■ Stored data entries ■

-- ===== src/Ble.antt =====
-- daemon/flipper_indicator/ble.py: `FlipperClient`, its frames, its sessions and its retries.
mod Retry
pub mod Backoff
pub mod Restart
pub mod Sessions
pub mod Pipe
pub mod Order
pub mod Latest
pub mod Delivered
mod Tests
use flipper_agent_indicator.Prelude.{
  ℕ, zero, suc, ◌+◌, ◌*◌, min, Bool, true, false, ◌||◌, ◌&&◌, List, [], ◌∷◌, ◌++◌, Option, none,
  some, leb, if◌then◌else◌,
}
use flipper_agent_indicator.Utf8.{Bytes}
use flipper_agent_indicator.Outbox.{Queue, offer_all}

-- Seconds; the source has the floats 1.0 and 30.0, and its doublings are exact.
abbrev pub backoff_initial : ℕ
backoff_initial = 1

abbrev pub backoff_max : ℕ
backoff_max = 30

abbrev pub failures_before_restart : ℕ
failures_before_restart = 3

-- The fields that change: the queue `_outgoing`, `_pending_frame` and `_had_success`.
pub record Client : Type 0 where
  pub outgoing : Queue
  pub pending : Option Bytes
  pub had_success : Bool

-- The draining loop of `_next_frame`: each queued frame supersedes the one at hand.
unfoldable pub newest : Bytes → List Bytes → Bytes
newest frame [] = frame
newest frame (f ∷ fs) = newest f fs

next_of : Option Bytes → List Bytes → Option Bytes
unfolding newest
next_of none [] = none
next_of none (f ∷ fs) = some (newest f fs)
next_of (some frame) fs = some (newest frame fs)

-- `_next_frame`: the frame, and the client after it; `none` while it waits for an empty queue.
unfoldable pub next_frame : Client → Option (Bytes × Client)
unfolding next_of
next_frame c = elim (next_of c.pending c.outgoing) [
  | none ↦ none
  | some frame ↦ some (frame, record c { outgoing = []; pending = none })
]

-- The library's answer to an awaited call.
pub data Reply : Type 0 where
  returns raises : Reply

-- The errors that end a session.
pub data SessionError : Type 0 where
  not_found link_dropped call_failed : SessionError

-- How far a coroutine has come: it still waits, it has returned, or an exception has left it.
pub data Progress : Type 0 where
  waiting returned : Progress
  raised : SessionError → Progress

-- One round of the pump, as the world answers it: the link is down, or the frame is written, and
-- meanwhile other frames are forwarded.
pub data Link : Type 0 where
  down : Link
  up : (meanwhile : List Bytes) (write : Reply) → Link

-- A frame that could not be sent is kept.
unfoldable pub keep : Client → Bytes → Client
keep c frame = record c { pending = some frame }

-- Frames that the daemon forwards, while the client waits.
arrive : Client → List Bytes → Client
arrive c frames = record c { outgoing = offer_all frames c.outgoing }

-- What a round of the pump comes to: it waits for a frame, it has sent one, or it raises.
pub data Round : Type 0 where
  waits : Client → Round
  sends : Bytes → Client → Round
  fails : SessionError → Client → Round

-- The part of a round behind `_next_frame`.
send_frame : Bytes → Client → Link → Round
unfolding keep arrive
send_frame frame c down = fails link_dropped (keep c frame)
send_frame frame c (up meanwhile raises) = fails call_failed (keep (arrive c meanwhile) frame)
send_frame frame c (up meanwhile returns) = sends frame (arrive c meanwhile)

-- One round, before which some frames are forwarded.
unfoldable pub pump_round : Client → List Bytes → Link → Round
unfolding next_frame send_frame arrive
pump_round c arrivals link = elim (next_frame (arrive c arrivals)) [
  | none ↦ waits (arrive c arrivals)
  | some (frame, c') ↦ send_frame frame c' link
]

-- The frames that were written, the client, and how far the loop has come.
abbrev pub Ended : Type 0
Ended = List Bytes × Client × Progress

unfoldable pub and_then : Round → (Client → Ended) → Ended
and_then (waits c) rest = ([], c, waiting)
and_then (fails e c) rest = ([], c, raised e)
and_then (sends frame c) rest = let (sent, c', progress) = rest c in (frame ∷ sent, c', progress)

-- `_pump_outgoing`: one entry for each round, with the frames that are forwarded before it.
unfoldable pub pump : Client → List (List Bytes × Link) → Ended
unfolding pump_round and_then
pump c [] = ([], c, waiting)
pump c ((arrivals, link) ∷ rounds) = and_then (pump_round c arrivals link) (λ c'. pump c' rounds)

-- The scanner finds the device, does not find it, or raises.
pub data Scan : Type 0 where
  found missing scan_raises : Scan

-- The world's answers in one session. `retry` is the second `connect`.
pub record World : Type 0 where
  pub connect : Reply
  pub scan : Scan
  pub retry : Reply
  pub subscribe : Reply
  pub rounds : List (List Bytes × Link)

-- The part of `_session` that connects: cached first, then once after a scan.
after_scan : Scan → Reply → Option SessionError
after_scan missing retry = some not_found
after_scan scan_raises retry = some call_failed
after_scan found raises = some call_failed
after_scan found returns = none

unfoldable pub connecting : World → Option SessionError
unfolding after_scan
connecting w = elim w.connect [ returns ↦ none | raises ↦ after_scan w.scan w.retry ]

-- The part under `try`: `start_notify`, then the pump. `disconnect` may raise, and is ignored then.
serving : Client → Reply → List (List Bytes × Link) → Ended
unfolding pump
serving c raises rounds = ([], c, raised call_failed)
serving c returns rounds = pump c rounds

-- `_session`
unfoldable pub session : Client → World → Ended
unfolding connecting serving
session c w = elim (connecting w) [
  | some e ↦ ([], c, raised e)
  | none ↦ serving (record c { had_success = true }) w.subscribe w.rounds
]

-- The local variables of `run_forever`.
pub record Loop : Type 0 where
  pub backoff : ℕ
  pub had_success : Bool
  pub failures : ℕ

abbrev pub loop_start : Loop
loop_start = record { backoff = backoff_initial; had_success = false; failures = 0 }

-- Behind the `try`: `sleep` for so many seconds and go on, or `os._exit(1)`.
pub data Action : Type 0 where
  sleep : ℕ → Action
  exit : Action

-- The end of a round of the loop: the sleep, and the doubled backoff.
pause : Loop → Loop × Action
pause l = (record l { backoff = min (l.backoff * 2) backoff_max }, sleep l.backoff)

-- The handler of `Exception`, with the client's `_had_success`.
fail : Loop → Loop × Action
unfolding pause
fail l =
    if l.had_success
    then (let l' = record l { failures = l.failures + 1 } in
        if leb failures_before_restart l'.failures then (l', exit) else pause l')
    else pause l

-- What `run_forever` does when a session has ended; `none` while it has not.
unfoldable pub session_end : Loop → Bool → Progress → Option (Loop × Action)
unfolding pause fail
session_end l client_success waiting = none
session_end l client_success returned =
    some (pause (record l { backoff = backoff_initial; failures = 0 }))
session_end l client_success (raised e) =
    some (fail (record l { had_success = l.had_success || client_success }))

-- How far `run_forever` has come: it is in a session, its worlds are over, or the process is gone.
pub data Status : Type 0 where
  in_session between exited : Status

go_on : Option (Loop × Action) → (Loop → List ℕ × Status) → List ℕ × Status
go_on none rest = ([], in_session)
go_on (some (l, exit)) rest = ([], exited)
go_on (some (l, sleep seconds)) rest = let (sleeps, status) = rest l in (seconds ∷ sleeps, status)

-- `run_forever` over the worlds of its sessions: the sleeps so far, and how far it has come.
unfoldable pub run_forever : Loop → Client → List World → List ℕ × Status
unfolding session session_end go_on
run_forever l c [] = ([], between)
run_forever l c (w ∷ ws) =
    let (_, c', progress) = session c w in
    go_on (session_end l c'.had_success progress) (λ l'. run_forever l' c' ws)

■ What to do ■
Please give again the lines above between the line holding "pub data Progress : Type 0 where" and the line holding "-- Frames that", inclusive, exactly as they are and with nothing added.

■ Result below ■
pub data Progress : Type 0 where
  waiting returned : Progress
  raised : SessionError → Progress

-- One round of the pump, as the world answers it: the link is down, or the frame is written, and
-- meanwhile other frames are forwarded.
pub data Link : Type 0 where
  down : Link
  up : (meanwhile : List Bytes) (write : Reply) → Link

-- A frame that could not be sent is kept.
unfoldable pub keep : Client → Bytes → Client
keep c frame = record c { pending = some frame }

-- Frames that the daemon forwards, while the client waits.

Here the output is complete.